Each of them came away with a highlight. For some, it was the pool, the experience of being in a hotel for the first time in their lives.
Others thought that seeing the president's helicopter being serviced (from a significant distance) was the coolest.
But what Jovon, a rising junior at Frederick Douglass High School, and another budding actor, Tavon Powell, 16 and a rising senior at Baltimore Talent Development High School, might remember most was their moment on stage at the Yale Repertory Theater.
A graduate student, Kevin Allen Daniels, 24, sat down and talked with the group. He said he never imagined being an actor, fearing instead that he would end up a drug dealer in his native Dallas.

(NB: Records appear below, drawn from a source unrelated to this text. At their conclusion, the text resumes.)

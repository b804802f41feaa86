-- ===== src/Tests/Setup.antt =====
-- A platform, a configuration, worlds and messages for the runs.
use cimd_proxy.Prelude.{
  ℕ, String, ◌≡◌, refl, true, false, Option, none, some, List, [], ◌∷◌, if◌then◌else◌, ◌==◌,
  all_chars, inl, inr, Bool-cases,
}
use cimd_proxy.Prelude.Int.{pos}
use cimd_proxy.Prelude.Dict.{lookup}
use cimd_proxy.Json.{Json, obj, fields, object, str, str_of, null, arr, strings}
use cimd_proxy.Platform.{Platform, IsLawful, is_ascii_char, ReadsBack}
use cimd_proxy.Effects.{World, Request, Reply, answered}
use cimd_proxy.Pat.Record.{rows}
use cimd_proxy.Envelope
use cimd_proxy.Envelope.{
  AuthorizeEnvelope, CodeEnvelope, RefreshEnvelope, RegistrationEnvelope, payload,
}
use cimd_proxy.Codec.{EnvelopeCodec}
use cimd_proxy.Config.{ProxyConfig, ResourceEntry}
use cimd_proxy.Fetcher.{Zones, CimdDocument}
use cimd_proxy.CimdService.{CimdService}
use cimd_proxy.Authorize.{AuthorizeParams, Validated, authorize_envelope}
use cimd_proxy.Callback.{code_envelope}
use cimd_proxy.Register.{Accepted}
use cimd_proxy.Register.Issued.{registration_of}
use cimd_proxy.Tests.Fernet.{
  mark, unseal, unseal-mark, unseal-mark_live, unseal-mark_stale, mark_ascii,
}

abbrev pub client_url : String
client_url = "https://app.example/client"

abbrev pub back : String
back = "https://app.example/cb"

abbrev pub entry : ResourceEntry
entry = record {
  url = "https://mcp.example";
  issuer = "https://id.example/realms/r/";
  client_id = "proxy";
  client_secret = "s3cret";
  pat_client_id = "";
  pat_client_secret = "";
}

abbrev pub config : ProxyConfig
config = record {
  public_url = "https://proxy.example";
  secret_key = "k";
  port = pos 8000;
  bind_host = "0.0.0.0";
  log_level = "INFO";
  cimd_debug = false;
  cimd_cache_ttl_min = 300;
  cimd_cache_ttl_max = 86400;
  cimd_max_bytes = 65536;
  cimd_fetch_timeout = 5;
  default_resource = "https://mcp.example/";
  scopes_supported = [];
  default_scope = "openid";
  resources = entry ∷ [];
  pat = none;
}

abbrev pub codec : EnvelopeCodec
codec = record { key = "k" }

-- The body of the metadata document.
abbrev pub metadata : Json
metadata = object (
    ("client_id", str client_url)
    ∷ ("redirect_uris", arr (strings (back ∷ "ftp://app.example/x" ∷ [])))
    ∷ [])

abbrev pub document : CimdDocument
document = record {
  client_id = client_url;
  redirect_uris = back ∷ [];
  raw =
      ("client_id", str client_url)
      ∷ ("redirect_uris", arr (strings (back ∷ "ftp://app.example/x" ∷ [])))
      ∷ [];
  cache_control = some "max-age=600";
}

abbrev pub public_zones : Zones
public_zones = record {
  is_private = false;
  is_loopback = false;
  is_link_local = false;
  is_reserved = false;
  is_multicast = false;
  is_unspecified = false;
}

abbrev pub ip_address : String → Option Zones
ip_address s =
    if s == "127.0.0.1"
    then some (record public_zones { is_loopback = true })
    else some public_zones

abbrev pub cimd : CimdService
cimd = record {
  fetcher = record { max_bytes = 65536; timeout_seconds = 5; user_agent = "cimd-proxy/0.2" };
  ttl_min = 300;
  ttl_max = 86400;
}

-- The upstream serves the document and answers the token endpoint.
abbrev pub upstream : Request → Reply
upstream q = answered (
    if q.method == "GET"
    then record {
      status_code = 200;
      cache_control = some "max-age=600";
      chunks = "m" ∷ "d" ∷ [];
      json = none;
    }
    else record {
      status_code = 200;
      cache_control = none;
      chunks = [];
      json = some (object (("access_token", str "at") ∷ ("refresh_token", str "rt-up") ∷ []));
    })

abbrev pub world : ℕ → World
world now = record {
  now = now;
  noise = 0;
  names = λ _. some ("93.184.216.34" ∷ []);
  upstream = upstream;
  table = λ _. rows [];
}

abbrev pub params : AuthorizeParams
params = record {
  response_type = some "code";
  client_id = some client_url;
  redirect_uri = some back;
  code_challenge = some "AQID";
  code_challenge_method = some "S256";
  state = some "xyz";
  resource = none;
  scope = none;
}

abbrev pub validated : Validated
validated = record {
  client_id = client_url;
  redirect_uri = back;
  code_challenge = "AQID";
  state = "xyz";
  scope = "openid";
  resource_entry = entry;
  document = some document;
  via = "cimd";
}

abbrev pub own : String
own = "AAAAAAAAAAAAAAAAAAAAAAAAAAAAAAAAAAAAAAAAAAAAAAAAAAAAAAAAAAAAAAAA"

abbrev pub cid : String
cid = "AAAAAAAAAAAAA"

abbrev pub state_envelope : AuthorizeEnvelope
state_envelope = authorize_envelope validated cid own 3

abbrev pub code_of : CodeEnvelope
code_of = code_envelope state_envelope "up-code" 5

abbrev pub refresh_of : RefreshEnvelope
refresh_of = record { resource = "https://mcp.example"; upstream_refresh_token = str "rt-up" }

abbrev pub accepted : Accepted
accepted = record { redirect_uris = back ∷ []; auth_method = "none"; client_name = "App" }

-- A JSON text is named by the tag of what it holds.
abbrev named : Option String → String
named none = "o"
named (some t) =
    if t == "az"
    then "a"
    else if t == "cd"
    then "c"
    else if t == "rt"
    then "r"
    else if t == "rg"
    then "g"
    else "o"

unfoldable pub dumps : Json → String
unfolding lookup
dumps (obj fs) = named (str_of (lookup "tag" (fields fs)))
dumps _ = "o"

unfoldable pub loads : String → Option Json
unfolding payload
loads s =
    if s == "a"
    then some (object (payload (Envelope.authorize state_envelope)))
    else if s == "c"
    then some (object (payload (Envelope.code code_of)))
    else if s == "r"
    then some (object (payload (Envelope.refresh refresh_of)))
    else if s == "g"
    then some (object (payload (Envelope.registration (registration_of accepted 3))))
    else if s == "md"
    then some metadata
    else none

-- A text as it is, and no text as an empty one.
abbrev pub form_values : Json → List String
form_values (str s) = s ∷ []
form_values _ = "" ∷ []

abbrev pub platform : Platform
platform = record {
  encrypt = λ key time iv blob. mark time blob;
  decrypt = λ key ttl now token. unseal ttl now token;
  dumps = dumps;
  loads = loads;
  sha256 = λ _. 1 ∷ 2 ∷ 3 ∷ [];
  form_values = form_values;
  rsa_sign = λ _ _. [];
}

named_ascii : (t : Option String) → all_chars is_ascii_char (named t) ≡ true
unfolding all_chars
named_ascii none = refl
named_ascii (some t) = elim (Bool-cases (t == "az")) [
  | inl e ↦ rw e
  | inr e1 ↦ elim (Bool-cases (t == "cd")) [
    | inl e ↦ rw (e1, e)
    | inr e2 ↦ elim (Bool-cases (t == "rt")) [
      | inl e ↦ rw (e1, e2, e)
      | inr e3 ↦ elim (Bool-cases (t == "rg")) [
        | inl e ↦ rw (e1, e2, e3, e)
        | inr e ↦ rw (e1, e2, e3, e)
      ]
    ]
  ]
]

dumps_ascii : (v : Json) → all_chars is_ascii_char (dumps v) ≡ true
unfolding all_chars dumps
dumps_ascii (obj fs) = named_ascii (str_of (lookup "tag" (fields fs)))
dumps_ascii null = refl
dumps_ascii v = refl

pub lawful : IsLawful platform
lawful = record {
  form_values-str = λ text. refl;
  decrypt-encrypt = λ key time iv now blob. unseal-mark time now blob;
  decrypt-encrypt_live = λ key time iv ttl now blob _ live. unseal-mark_live time ttl now blob live;
  decrypt-encrypt_stale =
      λ key time iv ttl now blob stale. unseal-mark_stale time ttl now blob stale;
  encrypt_ascii = λ key time iv blob h. mark_ascii time blob h;
  dumps_ascii = dumps_ascii;
}

pub reads_state : ReadsBack platform (object (payload (Envelope.authorize state_envelope)))
unfolding dumps loads payload authorize_envelope
reads_state = refl

pub reads_code : ReadsBack platform (object (payload (Envelope.code code_of)))
unfolding dumps loads payload code_envelope authorize_envelope
reads_code = refl

pub reads_refresh : ReadsBack platform (object (payload (Envelope.refresh refresh_of)))
unfolding dumps loads payload
reads_refresh = refl

pub reads_registration :
    ReadsBack platform (object (payload (Envelope.registration (registration_of accepted 3))))
unfolding dumps loads payload
reads_registration = refl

Now he studies at the place that produced stars like Angela Bassett.
Miles asked Daniels to perform for them.
Daniels took his keys and his cell phone out of his shorts pocket and slipped into Shakespeake's Iago from Othello. The kids applauded enthusiastically. Then Miles asked if Daniels would give a mini-lesson to Jovon and Tavon, the group's most serious performers.
Tavon wore a bright yellow cast from a recent car accident, but he hopped up on stage without hesitation. He stood before an audience of his peers and launched into his own spoken-word piece, a personification of poetry as a sensual woman.
Impressed with the young man's flow, Daniels clutched his heart as he paced the aisle listening to him.
Jovon - the class clown who was at times so hyper that he broke into a dance in the hotel hallway or injected himself into a game of Frisbee on Yale's quad - channeled all of that energy into a Nat Turner monologue he had memorized.
Coaching him, Daniels said, pointing to the audience, "Look at them. You are trying to start an uprising. Convince those people."